WORK INSTRUCTION »
The string "marked" appears in some lines of the entries that follow; copy each such line.
------------
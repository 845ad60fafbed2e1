-- ===== src/Releaseutil/Filter.antt =====
-- pkg/releaseutil/filter.go. A `*Release` that may be nil is an `Option Release`.
use helm.Common.{Bool, true, false, Option, none, some, List, [], ◌∷◌, if◌then◌else◌, not}
use helm.Release.{Release, Status, status_eq}

abbrev pub FilterFunc : Type 0
FilterFunc = Option Release → Bool

-- FilterFunc.Check
unfoldable pub check : FilterFunc → Option Release → Bool
check fn none = false
check fn (some rls) = fn (some rls)

-- FilterFunc.Filter
unfoldable pub filter : FilterFunc → List (Option Release) → List (Option Release)
unfolding check
filter fn [] = []
filter fn (rel ∷ rels) = if check fn rel then rel ∷ filter fn rels else filter fn rels

unfoldable pub any : List FilterFunc → FilterFunc
any [] rls = false
any (f ∷ filters) rls = if f rls then true else any filters rls

unfoldable pub all : List FilterFunc → FilterFunc
all [] rls = true
all (f ∷ filters) rls = if not (f rls) then false else all filters rls

unfoldable pub status_filter : Status → FilterFunc
status_filter status none = true
status_filter status (some rls) = status_eq rls.info.code status
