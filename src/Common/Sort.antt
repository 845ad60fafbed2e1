-- ===== src/Common/Sort.antt =====
-- Go's `sort.Sort` over a `Less`: some rearrangement in which no element is less than one before
-- it. It is run here as an insertion sort, which is what Go runs on slices of up to 12 elements.
use mathlib.Core.List.Perm
use Prim.Native.Nat.{suc}
use mathlib.Core.Path.{◌≡◌, refl, ap, ◌∙◌}
use mathlib.Core.Bool.{Bool, true, false}
use mathlib.Core.Logic.{inl, inr}
use mathlib.Core.List.{List, [], ◌∷◌, Perm}
use native.Mathlib.Omega.{arith}
use helm.Common.Defs.{if◌then◌else◌, Bool-cases, All, length}

module _ {ℓ} {A : Type ℓ} (less : A → A → Bool) where
  unfoldable pub sift : A → List A → List A
  sift x [] = x ∷ []
  sift x (y ∷ ys) = if less y x then y ∷ sift x ys else x ∷ y ∷ ys

  unfoldable pub sort : List A → List A
  unfolding sift
  sort [] = []
  sort (x ∷ xs) = sift x (sort xs)

  -- No element is less than one before it.
  abbrev pub IsSorted : List A → Type 0
  IsSorted [] = Unit {0}
  IsSorted (x ∷ xs) = All (λ y. less y x ≡ false) xs × IsSorted xs

  pub All-sift {κ} : (P : A → Type κ) (x : A) (l : List A) → P x → All P l → All P (sift x l)
  unfolding sift
  All-sift P x [] px _ = (px, tt)
  All-sift P x (y ∷ ys) px (py, pys) = elim (Bool-cases (less y x)) [
    | inl lt ↦ rw lt (py, All-sift P x ys px pys)
    | inr ge ↦ rw ge (px, (py, pys))
  ]

  pub All-sort {κ} : (P : A → Type κ) (l : List A) → All P l → All P (sort l)
  unfolding sort
  All-sort P [] h = tt
  All-sort P (x ∷ xs) (px, pxs) = All-sift P x (sort xs) px (All-sort P xs pxs)

  All-unsift {κ} : (P : A → Type κ) (x : A) (l : List A) → All P (sift x l) → P x × All P l
  unfolding sift
  All-unsift P x [] h = h
  All-unsift P x (y ∷ ys) h = elim (Bool-cases (less y x)) [
    | inl lt ↦
        (let (py, rest) : P y × All P (sift x ys) = rw lt at h in
          let (px, pys) = All-unsift P x ys rest in (px, (py, pys)))
    | inr ge ↦ rw ge at h
  ]

  pub All-unsort {κ} : (P : A → Type κ) (l : List A) → All P (sort l) → All P l
  unfolding sort
  All-unsort P [] h = tt
  All-unsort P (x ∷ xs) h = let (px, pxs) = All-unsift P x (sort xs) h in (px, All-unsort P xs pxs)

  length-sift : (x : A) (l : List A) → length (sift x l) ≡ suc (length l)
  unfolding sift
  length-sift x [] = refl
  length-sift x (y ∷ ys) = ground (arith, length-sift x ys)

  pub length-sort : (l : List A) → length (sort l) ≡ length l
  unfolding sort
  length-sort [] = refl
  length-sort (x ∷ xs) = length-sift x (sort xs) ∙ ap suc (length-sort xs)

  sift-perm : (x : A) (l : List A) → Perm (sift x l) (x ∷ l)
  unfolding sift
  sift-perm x [] = Perm.rfl
  sift-perm x (y ∷ ys) = elim (Bool-cases (less y x)) [
    | inl lt ↦ rw lt (Perm.trans (Perm.cons y (sift-perm x ys)) (Perm.swap x y ys))
    | inr ge ↦ rw ge Perm.rfl
  ]

  pub sort-perm : (l : List A) → Perm (sort l) l
  unfolding sort
  sort-perm [] = Perm.rfl
  sort-perm (x ∷ xs) = Perm.trans (sift-perm x (sort xs)) (Perm.cons x (sort-perm xs))

-- Every element stands in the relation to every later one.
abbrev pub IsOrdered {ℓ} : {A : Type ℓ} → (A → A → Type 0) → List A → Type 0
IsOrdered R [] = Unit {0}
IsOrdered R (x ∷ xs) = All (R x) xs × IsOrdered R xs

-- in terms of what it means that `Less` does not put the later one first
module _ {ℓ} {A : Type ℓ} (less : A → A → Bool) (R : A → A → Type 0)
    (means : (x y : A) → less y x ≡ false → R x y) where
  All-means : (x : A) (l : List A) → All (λ y. less y x ≡ false) l → All (R x) l
  All-means x [] h = tt
  All-means x (y ∷ l) (h, k) = (means x y h, All-means x l k)

  pub IsSorted-IsOrdered : (l : List A) → IsSorted less l → IsOrdered R l
  IsSorted-IsOrdered [] h = tt
  IsSorted-IsOrdered (x ∷ l) (h, k) = (All-means x l h, IsSorted-IsOrdered l k)

-- What `sort.Interface` asks of `Less`: a strict weak order.
pub record IsWeakOrder {ℓ} {A : Type ℓ} (less : A → A → Bool) : Type ℓ where
  pub asym : (a b : A) → less a b ≡ true → less b a ≡ false
  pub trans : (a b c : A) → less b a ≡ false → less c b ≡ false → less c a ≡ false

module _ {ℓ} {A : Type ℓ} {less : A → A → Bool} (order : IsWeakOrder less) where
  open order use {asym, trans}

  not_less-All :
      (x y : A) (l : List A)
      → less y x ≡ false
      → All (λ z. less z y ≡ false) l
      → All (λ z. less z x ≡ false) l
  not_less-All x y [] h _ = tt
  not_less-All x y (z ∷ zs) h (hz, hzs) = (trans x y z h hz, not_less-All x y zs h hzs)

  sift-IsSorted : (x : A) (l : List A) → IsSorted less l → IsSorted less (sift less x l)
  unfolding sift
  sift-IsSorted x [] _ = (tt, tt)
  sift-IsSorted x (y ∷ ys) (below, s) = elim (Bool-cases (less y x)) [
    | inl lt ↦
        rw lt (All-sift less (λ z. less z y ≡ false) x ys (asym y x lt) below, sift-IsSorted x ys s)
    | inr ge ↦ rw ge ((ge, not_less-All x y ys ge below), (below, s))
  ]

  pub sort-IsSorted : (l : List A) → IsSorted less (sort less l)
  unfolding sort
  sort-IsSorted [] = tt
  sort-IsSorted (x ∷ xs) = sift-IsSorted x (sort less xs) (sort-IsSorted xs)
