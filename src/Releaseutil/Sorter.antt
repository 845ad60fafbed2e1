-- ===== src/Releaseutil/Sorter.antt =====
-- pkg/releaseutil/sorter.go
use helm.Common.{Bool, Bytes, none, some, List, [], ltb}
use helm.Common.Text.{lessb}
use helm.Common.Sort.{sort}
use helm.Release.{Release}
use mathlib.Core.List.{reverse}

-- Reverse: the sort, and then the elements in the opposite order
unfoldable pub reverse_by : (List Release → List Release) → List Release → List Release
reverse_by sort_fn list = reverse (sort_fn list)

abbrev pub less_name : Release → Release → Bool
less_name r s = lessb r.name s.name

abbrev pub less_date : Release → Release → Bool
less_date r s = ltb r.info.last_deployed s.info.last_deployed

abbrev pub less_revision : Release → Release → Bool
less_revision r s = ltb r.version s.version

abbrev chart_name_of : Release → Bytes
chart_name_of r = elim r.chart [ none ↦ [] | some c ↦ elim c.chart_name [ none ↦ [] | some n ↦ n ] ]

abbrev pub less_chart_name : Release → Release → Bool
less_chart_name r s = lessb (chart_name_of r) (chart_name_of s)

unfoldable pub sort_by_name : List Release → List Release
unfolding sort
sort_by_name = sort less_name

unfoldable pub sort_by_date : List Release → List Release
unfolding sort
sort_by_date = sort less_date

unfoldable pub sort_by_revision : List Release → List Release
unfolding sort
sort_by_revision = sort less_revision

unfoldable pub sort_by_chart_name : List Release → List Release
unfolding sort
sort_by_chart_name = sort less_chart_name
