-- ===== src/Storage/Store.antt =====
-- pkg/storage/storage.go: the history of each release over a driver. `Log` has no effect here.
pub mod Prune
pub mod History
use mathlib.Core.List.{reverse}
use helm.Common.{
  ℕ, zero, suc, ◌+◌, ◌-◌, Bytes, codes, Bool, true, false, ltb, leb, ◌==◌, if◌then◌else◌, Option,
  some, List, [], ◌∷◌, ◌++◌, length,
}
use helm.Common.Decimal.{Int32, itoa}
use helm.Release.{Release, Status, deployed, deleted}
use helm.Result.{
  Error, Result, ok, err, Exec, bind, no_deployed, no_revision, deletion_errors, mentions,
}
use helm.Releaseutil.Filter.{FilterFunc, check, any, all, status_filter}
use helm.Releaseutil.Sorter.{sort_by_revision, reverse_by}
use helm.Storage.Driver.{Driver}
use helm.Storage.Labels.{Labels}

-- makeKey: `fmt.Sprintf("%s.v%d", rlsname, version)`
unfoldable pub make_key : Bytes → Int32 → Bytes
make_key rlsname version = rlsname ++ b'.' ∷ b'v' ∷ itoa version

-- The versions to prune, oldest first: the loop over the sorted history, `deleted` releases of
-- which are marked so far. `Deployed` returns no nil release without an error, so the case of a
-- nil `last_deployed` does not arise.
unfoldable pub to_delete : ℕ → ℕ → Int32 → ℕ → List Release → List Release
to_delete total max last marked [] = []
to_delete total max last marked (rel ∷ h) =
    let kept = to_delete total max last marked h in
    let pruned = rel ∷ to_delete total max last (suc marked) h in
    if total - marked == max then [] else (if rel.version == last then kept else pruned)

-- The status of the loop that deletes: no error, the only one, or their number and the first.
unfoldable pub summary : List Error → Result (Unit {0})
summary [] = ok tt
summary (e ∷ []) = err e
summary (e ∷ f ∷ es) = err (deletion_errors (length (e ∷ f ∷ es)) e)

abbrev pub or_no_deployed : Bytes → Result (List Release) → Result (List Release)
or_no_deployed name (ok ls) = ok ls
or_no_deployed name (err e) =
    if mentions (codes "not found") e then err (no_deployed name) else err e

abbrev pub first : Error → List Release → Result Release
first e [] = err e
first e (r ∷ rs) = ok r

abbrev pub latest : Bytes → Result (List Release) → Result Release
latest name (ok ls) = first (no_deployed name) (reverse_by sort_by_revision ls)
latest name (err e) = if mentions (codes "not found") e then err (no_deployed name) else err e

module _ (D : Driver) where
  -- A store: the driver's state, and MaxHistory, where 0 stands for "0 or less".
  pub record Store : Type 0 where
    pub max_history : ℕ
    pub db : D.State

  abbrev pub on_db {ℓ} : {A : Type ℓ} → Result A × D.State → Store → Result A × Store
  on_db (r, db') s = (r, record s { db = db' })

  -- Storage.Get
  unfoldable pub get : Bytes → Int32 → Store → Result Release
  get name version s = D.get (make_key name version) s.db

  -- Storage.Update
  unfoldable pub update : Release → Exec Store (Unit {0})
  update rls s = on_db (D.update (make_key rls.name rls.version) rls s.db) s

  -- Storage.Delete
  unfoldable pub delete : Bytes → Int32 → Exec Store Release
  delete name version s = on_db (D.delete (make_key name version) s.db) s

  unfoldable pub list_releases : Store → Result (List Release)
  list_releases s = D.list (λ _. true) s.db

  unfoldable pub list_deleted : Store → Result (List Release)
  unfolding check status_filter
  list_deleted s = D.list (λ rls. check (status_filter deleted) (some rls)) s.db

  unfoldable pub list_deployed : Store → Result (List Release)
  unfolding check status_filter
  list_deployed s = D.list (λ rls. check (status_filter deployed) (some rls)) s.db

  unfoldable pub list_filter_all : List FilterFunc → Store → Result (List Release)
  unfolding check all
  list_filter_all fns s = D.list (λ rls. check (all fns) (some rls)) s.db

  unfoldable pub list_filter_any : List FilterFunc → Store → Result (List Release)
  unfolding check any
  list_filter_any fns s = D.list (λ rls. check (any fns) (some rls)) s.db

  abbrev named : Bytes → Labels
  named name = (codes "NAME", name) ∷ (codes "OWNER", codes "TILLER") ∷ []

  abbrev named_deployed : Bytes → Labels
  named_deployed name =
      (codes "NAME", name)
      ∷ (codes "OWNER", codes "TILLER")
      ∷ (codes "STATUS", codes "DEPLOYED")
      ∷ []

  -- Storage.DeployedAll
  unfoldable pub deployed_all : Bytes → Store → Result (List Release)
  deployed_all name s = or_no_deployed name (D.query (named_deployed name) s.db)

  -- Storage.Deployed
  unfoldable pub deployed_release : Bytes → Store → Result Release
  unfolding deployed_all reverse_by sort_by_revision
  deployed_release name s = latest name (deployed_all name s)

  -- Storage.History
  unfoldable pub history : Bytes → Store → Result (List Release)
  history name s = D.query (named name) s.db

  -- Storage.Last
  unfoldable pub last : Bytes → Store → Result Release
  unfolding history reverse_by sort_by_revision
  last name s = bind (history name s) λ h. first (no_revision name) (reverse_by sort_by_revision h)

  abbrev pub with_error : List Error → Result Release → List Error
  with_error es (ok _) = es
  with_error es (err e) = es ++ e ∷ []

  -- The loop of removeLeastRecent over `deleteReleaseVersion`: it goes on after an error.
  unfoldable pub delete_all : Bytes → List Release → List Error → Store → List Error × Store
  unfolding delete
  delete_all name [] errors s = (errors, s)
  delete_all name (rel ∷ rels) errors s =
      let (r, s') = delete name rel.version s in delete_all name rels (with_error errors r) s'

  unfoldable pub prune : Bytes → ℕ → List Release → Release → Store → Result (Unit {0}) × Store
  unfolding delete_all to_delete summary sort_by_revision
  prune name max h last_deployed s =
      let victims = to_delete (length h) max last_deployed.version 0 (sort_by_revision h) in
      let (errors, s') = delete_all name victims [] s in (summary errors, s')

  abbrev pub prune_after : Bytes → ℕ → List Release → Result Release → Exec Store (Unit {0})
  prune_after name max h (err e) s = (err e, s)
  prune_after name max h (ok last_deployed) s = prune name max h last_deployed s

  abbrev pub prune_long : Bytes → ℕ → Result (List Release) → Exec Store (Unit {0})
  prune_long name max (err e) s = (err e, s)
  prune_long name max (ok h) s =
      if leb (length h) max then (ok tt, s) else prune_after name max h (deployed_release name s) s

  -- Storage.removeLeastRecent. `max` is a Go int, and not negative in the calls.
  unfoldable pub remove_least_recent : Bytes → ℕ → Exec Store (Unit {0})
  unfolding history deployed_release prune
  remove_least_recent name max s = prune_long name max (history name s) s

  abbrev pub make_room : Bytes → Store → Store
  make_room name s =
      if ltb 0 s.max_history then (remove_least_recent name (s.max_history - 1) s).1 else s

  -- Storage.Create: an error of the pruning is dropped.
  unfoldable pub create : Release → Exec Store (Unit {0})
  unfolding remove_least_recent make_key
  create rls s =
      let s' = make_room rls.name s in on_db (D.create (make_key rls.name rls.version) rls s'.db) s'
------------
WRITTEN REPLY »
-- which are marked so far. `Deployed` returns no nil release without an error, so the case of a
to_delete total max last marked [] = []
to_delete total max last marked (rel ∷ h) =
    let kept = to_delete total max last marked h in
    let pruned = rel ∷ to_delete total max last (suc marked) h in
    if total - marked == max then [] else (if rel.version == last then kept else pruned)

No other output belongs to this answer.